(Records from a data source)
=== Section Start ===

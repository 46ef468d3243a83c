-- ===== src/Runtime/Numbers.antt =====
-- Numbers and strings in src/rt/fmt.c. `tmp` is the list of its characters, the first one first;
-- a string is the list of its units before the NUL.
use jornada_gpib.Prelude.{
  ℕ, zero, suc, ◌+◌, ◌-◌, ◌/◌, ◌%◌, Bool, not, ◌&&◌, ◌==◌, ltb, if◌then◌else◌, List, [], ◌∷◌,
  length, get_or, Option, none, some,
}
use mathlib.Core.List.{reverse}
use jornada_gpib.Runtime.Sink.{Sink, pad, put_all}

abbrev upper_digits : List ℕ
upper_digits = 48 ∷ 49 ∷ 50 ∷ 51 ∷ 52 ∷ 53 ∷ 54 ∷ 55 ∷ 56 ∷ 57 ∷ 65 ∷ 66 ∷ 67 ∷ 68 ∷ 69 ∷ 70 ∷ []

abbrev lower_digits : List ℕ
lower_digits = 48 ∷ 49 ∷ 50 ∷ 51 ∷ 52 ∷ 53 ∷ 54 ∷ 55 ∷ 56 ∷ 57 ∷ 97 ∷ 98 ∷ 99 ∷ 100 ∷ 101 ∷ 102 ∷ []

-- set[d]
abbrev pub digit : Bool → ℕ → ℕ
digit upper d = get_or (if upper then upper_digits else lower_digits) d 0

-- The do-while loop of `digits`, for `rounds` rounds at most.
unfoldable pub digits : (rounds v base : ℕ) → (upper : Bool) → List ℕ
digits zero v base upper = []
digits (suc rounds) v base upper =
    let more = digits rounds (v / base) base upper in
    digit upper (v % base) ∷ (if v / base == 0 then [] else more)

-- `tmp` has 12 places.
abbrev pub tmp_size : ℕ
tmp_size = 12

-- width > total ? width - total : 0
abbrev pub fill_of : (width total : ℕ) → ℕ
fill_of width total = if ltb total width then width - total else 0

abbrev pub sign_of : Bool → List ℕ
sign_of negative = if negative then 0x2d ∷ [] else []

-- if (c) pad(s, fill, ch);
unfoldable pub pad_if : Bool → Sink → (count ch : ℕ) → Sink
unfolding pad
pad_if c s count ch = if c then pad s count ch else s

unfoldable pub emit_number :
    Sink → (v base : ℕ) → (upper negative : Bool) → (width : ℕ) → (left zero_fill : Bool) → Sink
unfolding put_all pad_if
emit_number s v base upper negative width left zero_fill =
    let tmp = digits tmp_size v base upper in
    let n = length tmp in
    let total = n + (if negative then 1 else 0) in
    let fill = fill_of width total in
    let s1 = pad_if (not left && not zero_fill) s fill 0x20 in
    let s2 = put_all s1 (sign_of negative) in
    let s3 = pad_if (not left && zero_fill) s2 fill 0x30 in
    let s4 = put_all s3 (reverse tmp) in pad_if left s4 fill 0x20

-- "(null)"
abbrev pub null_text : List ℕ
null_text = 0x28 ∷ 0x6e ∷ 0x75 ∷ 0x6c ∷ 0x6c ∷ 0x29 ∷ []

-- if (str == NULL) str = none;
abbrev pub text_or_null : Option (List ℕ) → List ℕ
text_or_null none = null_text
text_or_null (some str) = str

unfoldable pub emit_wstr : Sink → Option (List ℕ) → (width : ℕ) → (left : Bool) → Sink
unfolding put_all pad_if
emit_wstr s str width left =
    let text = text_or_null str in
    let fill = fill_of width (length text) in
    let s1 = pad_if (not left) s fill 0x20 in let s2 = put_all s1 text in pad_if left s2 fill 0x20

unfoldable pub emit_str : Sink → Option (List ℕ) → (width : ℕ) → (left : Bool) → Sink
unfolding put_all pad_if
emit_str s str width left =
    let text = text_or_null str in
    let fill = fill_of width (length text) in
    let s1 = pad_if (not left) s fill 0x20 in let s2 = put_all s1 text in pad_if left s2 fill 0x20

=== Section End ===

ASSIGNMENT: Among the entries above, find the line with "let s2 = put_all s1 (sign_of negative) in" and the line with "abbrev pub text_or_null"; give again exactly these two lines and all lines between them.

WORKED SOLUTION:
    let s2 = put_all s1 (sign_of negative) in
    let s3 = pad_if (not left && zero_fill) s2 fill 0x30 in
    let s4 = put_all s3 (reverse tmp) in pad_if left s4 fill 0x20

-- "(null)"
abbrev pub null_text : List ℕ
null_text = 0x28 ∷ 0x6e ∷ 0x75 ∷ 0x6c ∷ 0x6c ∷ 0x29 ∷ []

-- if (str == NULL) str = none;
abbrev pub text_or_null : Option (List ℕ) → List ℕ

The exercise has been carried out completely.